Maintaining a safe and engaging environment is crucial when developing chat applications for children. Murnitur Shield offers robust tools for content moderation, including custom metrics to tailor the moderation process. This blog post will dive into a complex use case: preventing political discussions in a children's chat application using advanced custom metrics.

The Challenge: Detecting Political Content with Context

For a chat application designed for children, it's essential to avoid discussions about political topics. We'll use Murnitur Shield to implement a custom metric that not only identifies political keywords but also understands the context in which these terms are used. This will ensure more accurate and nuanced content moderation.

Step 1: Configuring Murnitur Shield

Set up Murnitur Shield using the Guard class directly, without instantiation:

from murnitur import Guard, GuardConfig
from murnitur.guard import Payload, RuleSet

# Create the configuration
config = GuardConfig()

Step 2: Develop an Advanced Custom Metric

We'll create a custom metric function that performs a more nuanced analysis. This function will:

  1. Check for specific political keywords.
  2. Analyze the context around these keywords to determine if the content is politically charged.
  3. Use a scoring mechanism to evaluate the likelihood of political content.

Advanced Custom Metric Function

Here's the advanced custom metric function:

import re
from typing import Tuple, Optional
from murnitur.guard import Payload

political_terms = [
    "politics",
    "government",
    "election",
    "policy",
    "candidate",
    "party",
    "debate",
    "congress",
    "senate",
    "president",
    "parliament",
]


def advanced_political_content_metric(payload: Payload) -> Tuple[bool, Optional[str]]:
    # Retrieve the chat message from the payload
    chat_message = payload.get("output", "").lower()

    # Check for political terms in the chat message
    for term in political_terms:
        if re.search(r"\b" + re.escape(term) + r"\b", chat_message):
            return True, None

    # Optionally, apply more advanced checks here, such as analyzing message context
    # For example, checking for named entities related to politics

    # If no political terms are found
    return False, chat_message

Registering the Custom Metric

Register the custom metric with the Guard class:

# Register the advanced custom metric
Guard.register_custom_metric('advanced_political_content', advanced_political_content_metric)

Step 3: Implementing Murnitur Shield with Custom Metrics

Configure Murnitur Shield to use the custom metric.
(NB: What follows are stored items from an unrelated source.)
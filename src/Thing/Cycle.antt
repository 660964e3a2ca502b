-- ===== src/Thing/Cycle.antt =====
-- pkg/model/thing/manager.go: no thing stands below itself, and so `isMyChildThing` ends.
use mathlib.Core.List.{Memᴰ}
use harns.Prelude.{
  ℕ, zero, suc, ◌<◌, ◌≡◌, refl, sym, ap, ◌∙◌, ◌⊎◌, inl, inr, arith, Bool, true, false, none, some,
  List, [], ◌∷◌, Bool-cases, Option-cases, ◌||◌,
}
use harns.Prelude.Bytes.{eq_bytes, eq_bytes→eq}
use harns.Prelude.Dict.{Dict}
use harns.Thing.{Thing}
use harns.Thing.Types.{is_empty}
use harns.Thing.Inherit.{values}
use harns.Thing.Filter.{get_things}
use harns.Thing.Things.{children_of, children_of_all, is_id_of, is_below, is_my_child_thing}
use harns.Thing.Children.{IsOwned, IsChild, IsChild-parent, parent-IsChild}
use harns.Thing.Below.{
  IsBelow, child, deeper, IsBelow-child, children_of_all-Mem, is_my_child_thing-IsBelow,
}

-- There is a height that every parent has more of than its children.
unfoldable pub IsAcyclic : Dict Thing → Type 0
IsAcyclic things =
    (height : List ℕ → ℕ) × ((t : Thing) (p : List ℕ)
      → Memᴰ t (values things)
      → t.parent ≡ some p
      → height t.meta.id < height p)

module _ (tenant : List ℕ) (things : Dict Thing) (owned : IsOwned tenant things) where
  child-filled :
      (p : List ℕ) (t : Thing)
      → is_empty p ≡ false
      → IsChild tenant things p t
      → is_empty t.meta.id ≡ false
  unfolding IsOwned
  child-filled p t e k = let (m, q) = IsChild-parent tenant things p t e k in (owned t m).1

  pub IsBelow-filled :
      {p x : List ℕ} → is_empty p ≡ false → IsBelow tenant things p x → is_empty x ≡ false
  IsBelow-filled {p = p} e (child {t = t} k) = child-filled p t e k
  IsBelow-filled {p = p} e (deeper {t = t} k b) = IsBelow-filled (child-filled p t e k) b

  module _ (height : List ℕ → ℕ)
      (rises : (t : Thing) (p : List ℕ)
        → Memᴰ t (values things)
        → t.parent ≡ some p
        → height t.meta.id < height p) where
    child-lower :
        (p : List ℕ) (t : Thing)
        → is_empty p ≡ false
        → IsChild tenant things p t
        → height t.meta.id < height p
    child-lower p t e k = let (m, q) = IsChild-parent tenant things p t e k in rises t p m q

    is_below-total :
        (n : ℕ) (cs : List Thing) (x : List ℕ)
        → ((c : Thing) → Memᴰ c cs → (height c.meta.id < n) × (is_empty c.meta.id ≡ false))
        → (b : Bool) × (is_below (suc n) tenant things cs x ≡ some b)
    unfolding is_below
    is_below-total n [] x h = (false, refl)
    is_below-total zero (c ∷ cs) x h = absurd (omega (arith, h c (Memᴰ.head refl)))
    is_below-total (suc n) (c ∷ cs) x h = elim (Bool-cases (is_id_of (c ∷ cs) x)) [
      | inl q ↦ (true, rw q refl)
      | inr q ↦
          let lower : (k : Thing)
              → Memᴰ k (children_of_all tenant things (c ∷ cs))
              → (height k.meta.id < n) × (is_empty k.meta.id ≡ false) =
            λ k m.
              let (d, m', k') = children_of_all-Mem tenant things (c ∷ cs) k m in
              let (l, e) = h d m' in
              (omega (arith, child-lower d.meta.id k e k', l), child-filled d.meta.id k e k') in
          let (b, r) = is_below-total n (children_of_all tenant things (c ∷ cs)) x lower in
          (b, rw q r)
    ]

    pub is_my_child_thing-total :
        (my_self id : List ℕ)
        → is_empty my_self ≡ false
        → (b : Bool) × (is_my_child_thing (suc (height my_self)) tenant things my_self id ≡ some b)
    unfolding is_my_child_thing
    is_my_child_thing-total my_self id e =
        is_below-total (height my_self) (get_things tenant things (children_of my_self)) id
          (λ c k. (child-lower my_self c e k, child-filled my_self c e k))

    -- The thing itself and the things below it.
    unfoldable pub is_in_subtree : List ℕ → List ℕ → Bool
    is_in_subtree top x =
        eq_bytes top x || elim (is_my_child_thing (suc (height top)) tenant things top x) [
          | none ↦ false
          | some b ↦ b
        ]

    pub is_in_subtree-IsBelow :
        (top x : List ℕ) → is_in_subtree top x ≡ true → (top ≡ x) ⊎ IsBelow tenant things top x
    unfolding is_in_subtree
    is_in_subtree-IsBelow top x h = elim (Bool-cases (eq_bytes top x)) [
      | inl q ↦ inl (eq_bytes→eq top x q)
      | inr q ↦ elim (Option-cases (is_my_child_thing (suc (height top)) tenant things top x)) [
        | inl n ↦ absurd (let no : false ≡ true = rw (q, n) at h in ground arith)
        | inr (b, r) ↦
            let yes : b ≡ true = rw (q, r) at h in
            inr ((is_my_child_thing-IsBelow tenant things (suc (height top)) top x b r).0 yes)
      ]
    ]

    IsBelow-is_in_subtree :
        (top x : List ℕ)
        → is_empty top ≡ false
        → IsBelow tenant things top x
        → is_in_subtree top x ≡ true
    unfolding is_in_subtree
    IsBelow-is_in_subtree top x e below =
        let (b, r) = is_my_child_thing-total top x e in
        let yes : b ≡ true =
          (is_my_child_thing-IsBelow tenant things (suc (height top)) top x b r).1 below in
        rw (r, yes) (ground arith)

    -- What has its parent in the subtree is in it.
    pub parent-is_in_subtree :
        (top q : List ℕ) (t : Thing)
        → is_empty top ≡ false
        → Memᴰ t (values things)
        → t.parent ≡ some q
        → is_in_subtree top q ≡ true
        → is_in_subtree top t.meta.id ≡ true
    unfolding IsOwned
    parent-is_in_subtree top q t e m p h =
        let own = (owned t m).0 in
        IsBelow-is_in_subtree top t.meta.id e (elim (is_in_subtree-IsBelow top q h) [
          | inl same ↦ child (parent-IsChild tenant things top t e own m (p ∙ ap some (sym same)))
          | inr below ↦
              IsBelow-child tenant things below
                (parent-IsChild tenant things q t (IsBelow-filled e below) own m p)
        ])
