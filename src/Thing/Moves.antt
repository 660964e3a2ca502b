-- ===== src/Thing/Moves.antt =====
-- pkg/model/thing/manager.go, pkg/model/thing/rest.go: what an update does to the parent of a thing.
use mathlib.Core.Path.{subst}
use harns.Prelude.{
  ℕ, ◌≡◌, refl, sym, ap, ◌∙◌, ◌⊎◌, inl, inr, false, Option, none, some, some-inj, List, [], ◌∷◌,
  Bool-cases, Option-cases, if◌then◌else◌, not,
}
use harns.Prelude.Bytes.{eq_bytes}
use harns.Prelude.Dict.{Dict, load, has_key, store}
use harns.Thing.{
  Thing, NewThing, NewValue, done, failed, bind_done, guard_done, done-inj, failed-ne-done,
  panic-ne-done, ObjectMeta, immutable_field, invalid_parent, endless, store_error, not_exist,
  characteristic_not_found, parent_type_not_found, cycled_thing,
}
use harns.Thing.Types.{is_empty}
use harns.Thing.Things.{ThingEnv, is_my_child_thing, load_location}
use harns.Thing.Update.{
  move_parent, check_characteristics, update_parent, update_values, update_cached_thing,
  save_update, update_time_zone, update_thing, validate_thing_update, update,
}

-- Every thing is stored under its own identifier.
unfoldable pub IsKeyed : Dict Thing → Type 0
IsKeyed things = (k : List ℕ) (t : Thing) → load things k ≡ some t → t.meta.id ≡ k

-- The store answers with the thing that it was given, up to what it fills in.
unfoldable pub IsSavingThing : ThingEnv → Type 0
IsSavingThing env =
    (t saved : Thing)
    → env.save t ≡ some saved
    → (saved.parent ≡ t.parent) × (saved.meta.id ≡ t.meta.id) × (saved.meta.tenant ≡ t.meta.tenant)

-- What the update of the parent comes to: the old one, none, or one that is not below the thing.
unfoldable pub IsMove :
    ℕ → ThingEnv → Dict Thing → List ℕ → List ℕ → Option (List ℕ) → Option (List ℕ) → Type 0
IsMove fuel env things to id before after =
    (after ≡ before)
    ⊎ ((after ≡ none)
        ⊎ ((parent : Thing) × (load things to ≡ some parent)
            × (is_my_child_thing fuel env.tenant things id to ≡ some false)
            × (after ≡ some parent.meta.id)))

parent_of : Thing → Option (List ℕ)
parent_of t = t.parent

module _ (fuel : ℕ) (env : ThingEnv) (things : Dict Thing) (obj : NewThing) where
  move_parent-IsMove :
      (old moved : Thing)
      → move_parent fuel env things obj old ≡ done moved
      → IsMove fuel env things obj.parent_id old.meta.id old.parent moved.parent
  unfolding IsMove parent_of
  move_parent-IsMove old moved h = elim (Bool-cases (is_empty obj.parent_id)) [
    | inl q ↦ inr (inl (sym (ap parent_of (done-inj _ _ (rw (move_parent, q) at h)))))
    | inr q ↦ elim (Option-cases (load things obj.parent_id)) [
      | inl n ↦ absurd (failed-ne-done parent_type_not_found moved (rw (move_parent, q, n) at h))
      | inr (parent, l) ↦
          elim (Option-cases (is_my_child_thing fuel env.tenant things old.meta.id obj.parent_id)) [
            | inl n ↦ absurd (failed-ne-done endless moved (rw (move_parent, q, l, n) at h))
            | inr (b, r) ↦
                let (apart, e) = guard_done b cycled_thing _ _ (rw (move_parent, q, l, r) at h) in
                inr (inr (parent, l, r ∙ ap some apart, sym (ap parent_of (done-inj _ _ e))))
          ]
    ]
  ]

  update_parent-IsMove :
      (old moved : Thing)
      → update_parent fuel env things obj old ≡ done moved
      → IsMove fuel env things obj.parent_id old.meta.id old.parent moved.parent
  unfolding IsMove update_parent parent_of
  update_parent-IsMove old moved h = elim (Option-cases old.parent) [
    | inl n ↦ move_parent-IsMove old moved (rw (update_parent, n) at h)
    | inr (p, q) ↦ elim (Bool-cases (eq_bytes obj.parent_id p)) [
      | inl e ↦ inl (sym (ap parent_of (done-inj _ _ (rw (update_parent, q, e) at h))))
      | inr e ↦ move_parent-IsMove old moved (rw (update_parent, q, e) at h)
    ]
  ]

  check_characteristics-same :
      (cs : List NewValue) (t u : Thing) → check_characteristics t cs ≡ done u → t ≡ u
  unfolding check_characteristics
  check_characteristics-same [] t u h = done-inj t u h
  check_characteristics-same (c ∷ cs) t u h =
      elim (Bool-cases (has_key t.characteristic_by_name c.name)) [
        | inl q ↦ check_characteristics-same cs t u (rw q at h)
        | inr q ↦ absurd (failed-ne-done characteristic_not_found u (rw q at h))
      ]

  update_time_zone-keeps :
      (t u : Thing)
      → update_time_zone env obj t ≡ done u
      → (u.parent ≡ t.parent) × (u.meta ≡ t.meta)
  unfolding parent_of
  update_time_zone-keeps t u h =
      let (zone, e, r) = bind_done (load_location env obj.time_zone) _ _ h in
      elim (Option-cases zone) [
        | inl n ↦
            let same : t ≡ u = done-inj t u (rw n at r) in
            (sym (ap parent_of same), sym (ap (λ (x : Thing). x.meta) same))
        | inr (z, q) ↦
            let same : record t { time_zone = some z } ≡ u = done-inj _ u (rw q at r) in
            (sym (ap parent_of same), sym (ap (λ (x : Thing). x.meta) same))
      ]

  save_update-entry :
      (id : List ℕ) (changed t : Thing) (things' : Dict Thing)
      → save_update env things id changed ≡ done (things', t)
      → (saved : Thing) × (env.save changed ≡ some saved)
        × (stored : Thing) × (load things id ≡ some stored)
        × (things' ≡ store things id (update_cached_thing saved stored))
  save_update-entry id changed t things' h = elim (Option-cases (env.save changed)) [
    | inl n ↦ absurd (failed-ne-done store_error _ (rw (save_update, n) at h))
    | inr (saved, s) ↦ elim (Option-cases (load things id)) [
      | inl n ↦ absurd (panic-ne-done _ (rw (save_update, s, n) at h))
      | inr (stored, l) ↦
          let e = done-inj _ (things', t) (rw (save_update, s, l) at h) in
          (saved, s, stored, l, sym (ap (λ (x : Dict Thing × Thing). x.0) e))
    ]
  ]

  update_thing-entry :
      (id version : List ℕ) (old t : Thing) (things' : Dict Thing)
      → IsSavingThing env
      → update_thing fuel env things id version obj old ≡ done (things', t)
      → (stored changed : Thing) × (load things id ≡ some stored)
        × (changed.meta.id ≡ stored.meta.id)
        × (changed.meta.tenant ≡ stored.meta.tenant)
        × IsMove fuel env things obj.parent_id old.meta.id old.parent changed.parent
        × (things' ≡ store things id changed)
  unfolding update_thing IsMove IsSavingThing parent_of
  update_thing-entry id version old t things' saving h =
      let begun : Thing = record old {
        meta = record old.meta { mod_time = env.now };
        description = obj.description;
      } in
      let (same, h1) = guard_done (not (eq_bytes version old.meta.version)) _ _ _ h in
      let (zoned, z, h2) = bind_done (update_time_zone env obj begun) _ _ h1 in
      let (checked, c, h3) = bind_done (check_characteristics zoned obj.characteristics) _ _ h2 in
      let (moved, m, h4) = bind_done (update_parent fuel env things obj checked) _ _ h3 in
      let (saved, s, stored, l, e) =
        save_update-entry id (update_values env obj moved) t things' h4 in
      let (zp, zm) = update_time_zone-keeps begun zoned z in
      let alike = check_characteristics-same obj.characteristics zoned checked c in
      let p : checked.parent ≡ old.parent = sym (ap parent_of alike) ∙ zp in
      let i : checked.meta.id ≡ old.meta.id =
        sym (ap (λ (x : Thing). x.meta.id) alike) ∙ ap (λ (x : ObjectMeta). x.id) zm in
      let move : IsMove fuel env things obj.parent_id old.meta.id old.parent moved.parent =
        subst
          (λ (w : Option (List ℕ)). IsMove fuel env things obj.parent_id old.meta.id w moved.parent)
          p
          (subst
            (λ (w : List ℕ). IsMove fuel env things obj.parent_id w checked.parent moved.parent) i
            (update_parent-IsMove checked moved m)) in
      let kept : moved.parent ≡ saved.parent =
        sym ((saving (update_values env obj moved) saved s).0) in
      (
        stored,
        update_cached_thing saved stored,
        l,
        refl,
        refl,
        subst
            (λ (w : Option (List ℕ)). IsMove fuel env things obj.parent_id old.meta.id old.parent w)
            kept move,
        e,
      )

  -- What is stored after an update.
  pub update-entry :
      (id version : List ℕ) (t : Thing) (things' : Dict Thing)
      → IsSavingThing env
      → update fuel env things id version obj ≡ done (things', t)
      → (old changed : Thing) × (load things id ≡ some old)
        × (eq_bytes obj.parent_id old.meta.id ≡ false)
        × (changed.meta.id ≡ old.meta.id)
        × (changed.meta.tenant ≡ old.meta.tenant)
        × IsMove fuel env things obj.parent_id old.meta.id old.parent changed.parent
        × (things' ≡ store things id changed)
  unfolding update
  update-entry id version t things' saving h = elim (Option-cases (load things id)) [
    | inl n ↦ absurd (failed-ne-done not_exist (things', t) (rw (update, n) at h))
    | inr (old, l) ↦
        let (u, v, h1) =
          bind_done (validate_thing_update obj old) (update_thing fuel env things id version obj)
            (things', t) (rw (update, l) at h) in
        let (typed, v1) =
          guard_done (not (eq_bytes obj.type_id old.type_id)) immutable_field
            (if eq_bytes obj.parent_id old.meta.id then failed invalid_parent else done old) u v in
        let (other, v2) =
          guard_done (eq_bytes obj.parent_id old.meta.id) invalid_parent (done old) u v1 in
        let same : u ≡ old = sym (done-inj old u v2) in
        let (stored, changed, l', i, n, m, e) = update_thing-entry id version old t things' saving (
          subst (λ (x : Thing). update_thing fuel env things id version obj x ≡ done (things', t))
            same h1) in
        let both : stored ≡ old = some-inj (sym l' ∙ l) in
        (
          old,
          changed,
          l,
          other,
          i ∙ ap (λ (x : Thing). x.meta.id) both,
          n ∙ ap (λ (x : Thing). x.meta.tenant) both,
          m,
          e,
        )
  ]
Define rules and use the shield method to check the payload:

rulesets = [
    {
        "rules": [{"metric": "custom", "value": "advanced_political_content"}],
        "action": {
            "type": "OVERRIDE",
            "fallback": "Sorry, political discussions are not allowed.",
        },
    }
]

payload = {
    "output": "The upcoming election is a major topic in the news.",
    "contexts": [
        "The election year is causing a lot of debates.",
        "Government policies are changing rapidly.",
    ],
}

# Check the payload using Murnitur Shield
response = Guard.shield(payload, rulesets, config)

print(response.text)

In this example:

  • Advanced Custom Metric: Evaluates the presence and context of political keywords and phrases, scoring the likelihood of political content.
  • Ruleset: Uses the custom metric to detect political content and override messages accordingly.
  • Payload: Contains the chat output and context, which are evaluated for political content.

Conclusion

By implementing advanced custom metrics with Murnitur Shield, you can achieve precise content moderation for applications targeting children. The enhanced custom metric function ensures that political discussions are accurately identified and blocked, maintaining a safe and enjoyable chat environment. This approach not only filters out unwanted content but also respects the context in which terms are used, offering a robust solution for content moderation.